**WHAT TO WORK ON**
Among the records below, find each line that includes the string "operations" and copy it.

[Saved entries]
==========
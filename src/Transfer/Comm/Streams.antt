-- ===== src/Transfer/Comm/Streams.antt =====
-- In which order, and on which stream, `batch_send_recv` runs the operations of a peer.
use mathlib.Core.List.{append-nil}
use awex.Prelude.{
  ℕ, zero, suc, ◌+◌, ◌%◌, ◌<◌, ◌≡◌, refl, ap, ◌∙◌, ◌⊎◌, inl, inr, Bool, true, false, not, Option,
  none, List, [], ◌∷◌, ◌++◌, map, filter, filter-append, leb, ◌==◌, arith, Bool-cases, ==→eq, eq→==,
}
use awex.Prelude.Outcome.{ok, err}
use awex.Prelude.Sort.{sort, insert_sorted}
use awex.Transfer.Comm.Rotation.{division_by_zero, has_rank}
use awex.Transfer.Comm.Build.{DirectedOp}
use awex.Transfer.Comm.Filed.{to_peer}
use awex.Transfer.Comm.Interleaved.{interleave_p2p_ops_by_peer-to_peer}
use awex.Transfer.Comm.Interleave.{interleave_p2p_ops_by_peer}
use awex.Transfer.Comm.Batch.{
  CommEvent, run_op, synchronize, Batched, peer_set, stream_indices, peer_to_stream_idx, stream_of,
  run_all, run_manual, batch_send_recv,
}

module _ {Work : Type 0} where
  -- The operations that are run for one peer.
  abbrev pub is_run_to : ℕ → CommEvent Work → Bool
  is_run_to r (run_op stream asynchronous op) = op.peer == r
  is_run_to r _ = false

  runs_to_peer :
      (stream : ℕ → Option ℕ) (asynchronous : Bool) (r : ℕ) (ops : List DirectedOp)
      → filter (is_run_to r) (map (λ op. run_op (stream op.peer) asynchronous op) ops)
        ≡ map (run_op (stream r) asynchronous) (to_peer r ops)
  runs_to_peer stream asynchronous r [] = refl
  runs_to_peer stream asynchronous r (op ∷ ops) = elim (Bool-cases (op.peer == r)) [
    | inl same ↦
        let e = ==→eq op.peer r same in
        rw (same, runs_to_peer stream asynchronous r ops)
          (ap
            (λ k.
              run_op (stream k) asynchronous op
              ∷ map (run_op (stream r) asynchronous) (to_peer r ops))
            e)
    | inr other ↦ rw (other, runs_to_peer stream asynchronous r ops) refl
  ]

stream_indices-returns :
    (n idx : ℕ) (peers : List ℕ)
    → (indices : List (ℕ × ℕ)) × (stream_indices (suc n) idx peers ≡ ok indices)
stream_indices-returns n idx [] = ([], refl)
stream_indices-returns n idx (peer ∷ peers) =
    let (rest, e) = stream_indices-returns n (idx + 1) peers in
    ((peer, idx % suc n) ∷ rest, rw e refl)

-- Without streams, or with at least one to use, the indices are found.
peer_to_stream_idx-returns :
    (use_stream : Bool) (num_streams : ℕ) (ops : List DirectedOp)
    → (use_stream ≡ false) ⊎ (0 < num_streams)
    → (indices : List (ℕ × ℕ)) × (peer_to_stream_idx use_stream num_streams ops ≡ ok indices)
peer_to_stream_idx-returns false num_streams ops h = ([], refl)
peer_to_stream_idx-returns true zero ops (inl h) = cc
peer_to_stream_idx-returns true zero ops (inr h) = absurd (omega arith)
peer_to_stream_idx-returns true (suc n) ops h = stream_indices-returns n 0 (sort leb (peer_set ops))

module _ {Work : Type 0} (start_batch : List DirectedOp → List Work) (start_op : DirectedOp → Work)
    (num_streams : ℕ) where
  run_manual-to_peer :
      (blocking use_stream : Bool) (indices : List (ℕ × ℕ)) (r : ℕ) (ops : List DirectedOp)
      → filter
          (is_run_to r)
          (run_manual start_batch start_op num_streams blocking use_stream indices ops).events
        ≡ map (run_op (stream_of use_stream indices r) (not blocking)) (to_peer r ops)
  run_manual-to_peer true use_stream indices r ops =
      filter-append (is_run_to r)
        (map (λ op. run_op (stream_of use_stream indices op.peer) false op) ops) (synchronize ∷ [])
      ∙ append-nil _
      ∙ runs_to_peer (stream_of use_stream indices) false r ops
  run_manual-to_peer false use_stream indices r ops =
      runs_to_peer (stream_of use_stream indices) true r ops

  run_all-to_peer :
      (ops : List DirectedOp) (blocking use_stream : Bool)
      → (use_stream ≡ false) ⊎ (0 < num_streams)
      → (result : Batched Work) × (run_all start_batch start_op num_streams blocking false
            use_stream ops
          ≡ ok result)
        × ((r : ℕ)
            → (stream : Option ℕ) × (filter (is_run_to r) result.events
                ≡ map (run_op stream (not blocking)) (to_peer r ops)))
  run_all-to_peer [] blocking use_stream h =
      (record { events = []; works = [] }, refl, λ r. (none, refl))
  run_all-to_peer (op ∷ ops) blocking use_stream h =
      let (all_ops, e, order) = interleave_p2p_ops_by_peer-to_peer (op ∷ ops) in
      let (indices, e') = peer_to_stream_idx-returns use_stream num_streams all_ops h in
      (
        run_manual start_batch start_op num_streams blocking use_stream indices all_ops,
        rw (e, e') refl,
        λ r. (
          stream_of use_stream indices r,
          run_manual-to_peer blocking use_stream indices r all_ops
              ∙ ap (map (run_op (stream_of use_stream indices r) (not blocking))) (order r),
        ),
      )

  -- Without groups, and with a stream to use where streams are asked for, the call returns. All
  -- operations for one peer run on one stream, sends before receives, each once and in order.
  pub batch_send_recv-to_peer :
      (send_ops recv_ops : List DirectedOp) (blocking use_stream : Bool)
      → (use_stream ≡ false) ⊎ (0 < num_streams)
      → (result : Batched Work) × (batch_send_recv start_batch start_op num_streams send_ops
            recv_ops blocking false use_stream
          ≡ ok result)
        × ((r : ℕ)
            → (stream : Option ℕ) × (filter (is_run_to r) result.events
                ≡ map (run_op stream (not blocking)) (to_peer r send_ops ++ to_peer r recv_ops)))
  unfolding batch_send_recv
  batch_send_recv-to_peer send_ops recv_ops blocking use_stream h =
      let (result, e, order) = run_all-to_peer (send_ops ++ recv_ops) blocking use_stream h in
      (
        result,
        e,
        λ r.
            let (stream, same) = order r in
            (
              stream,
              same
                  ∙ ap (map (run_op stream (not blocking)))
                      (filter-append (λ d. d.peer == r) send_ops recv_ops),
            ),
      )

insert_sorted-nonempty :
    (x : ℕ) (xs : List ℕ) → (y : ℕ) × (ys : List ℕ) × (insert_sorted leb x xs ≡ y ∷ ys)
insert_sorted-nonempty x [] = (x, [], refl)
insert_sorted-nonempty x (z ∷ zs) = elim (Bool-cases (leb x z)) [
  | inl first ↦ (x, z ∷ zs, rw first refl)
  | inr later ↦ (z, insert_sorted leb x zs, rw later refl)
]

has_rank-nonempty :
    (r : ℕ) (ps : List ℕ) → has_rank r ps ≡ true → (q : ℕ) × (qs : List ℕ) × (ps ≡ q ∷ qs)
has_rank-nonempty r [] h = cc
has_rank-nonempty r (p ∷ ps) h = (p, ps, refl)

peer_set-nonempty :
    (op : DirectedOp) (ops : List DirectedOp)
    → (q : ℕ) × (qs : List ℕ) × (peer_set (op ∷ ops) ≡ q ∷ qs)
peer_set-nonempty op ops = elim (Bool-cases (has_rank op.peer (peer_set ops))) [
  | inl there ↦
      let (q, qs, e) = has_rank-nonempty op.peer (peer_set ops) there in (q, qs, rw there e)
  | inr fresh ↦ (op.peer, peer_set ops, rw fresh refl)
]

peer_to_stream_idx-fails :
    (op : DirectedOp) (ops : List DirectedOp)
    → peer_to_stream_idx true 0 (op ∷ ops) ≡ err division_by_zero
unfolding sort
peer_to_stream_idx-fails op ops =
    let (q, qs, e) = peer_set-nonempty op ops in
    let (y, ys, e') = insert_sorted-nonempty q (sort leb qs) in
    ap (λ l. stream_indices 0 0 (sort leb l)) e ∙ ap (stream_indices 0 0) e'

to_peer_self :
    (op : DirectedOp) (ops : List DirectedOp)
    → to_peer op.peer (op ∷ ops) ≡ op ∷ to_peer op.peer ops
to_peer_self op ops = rw (eq→== op.peer op.peer refl) refl

module _ {Work : Type 0} (start_batch : List DirectedOp → List Work)
    (start_op : DirectedOp → Work) where
  no_streams :
      (blocking : Bool) (op : DirectedOp) (ops all_ops : List DirectedOp)
      → interleave_p2p_ops_by_peer (op ∷ ops) ≡ ok all_ops
      → to_peer op.peer all_ops ≡ to_peer op.peer (op ∷ ops)
      → run_all start_batch start_op 0 blocking false true (op ∷ ops) ≡ err division_by_zero
  no_streams blocking op ops [] e order =
      let impossible : [] ≡ op ∷ to_peer op.peer ops = order ∙ to_peer_self op ops in cc
  no_streams blocking op ops (first ∷ rest) e order =
      rw (e, peer_to_stream_idx-fails first rest) refl

  -- Without groups, on a device that has no streams, a call that asks for streams and has
  -- something to send fails on the division by their number.
  pub batch_send_recv-no_streams :
      (op : DirectedOp) (send_ops recv_ops : List DirectedOp) (blocking : Bool)
      → batch_send_recv start_batch start_op 0 (op ∷ send_ops) recv_ops blocking false true
        ≡ err division_by_zero
  unfolding batch_send_recv
  batch_send_recv-no_streams op send_ops recv_ops blocking =
      let (all_ops, e, order) = interleave_p2p_ops_by_peer-to_peer (op ∷ (send_ops ++ recv_ops)) in
      no_streams blocking op (send_ops ++ recv_ops) all_ops e (order op.peer)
==========
**RESULT BELOW**
-- In which order, and on which stream, `batch_send_recv` runs the operations of a peer.
  -- The operations that are run for one peer.
  -- operations for one peer run on one stream, sends before receives, each once and in order.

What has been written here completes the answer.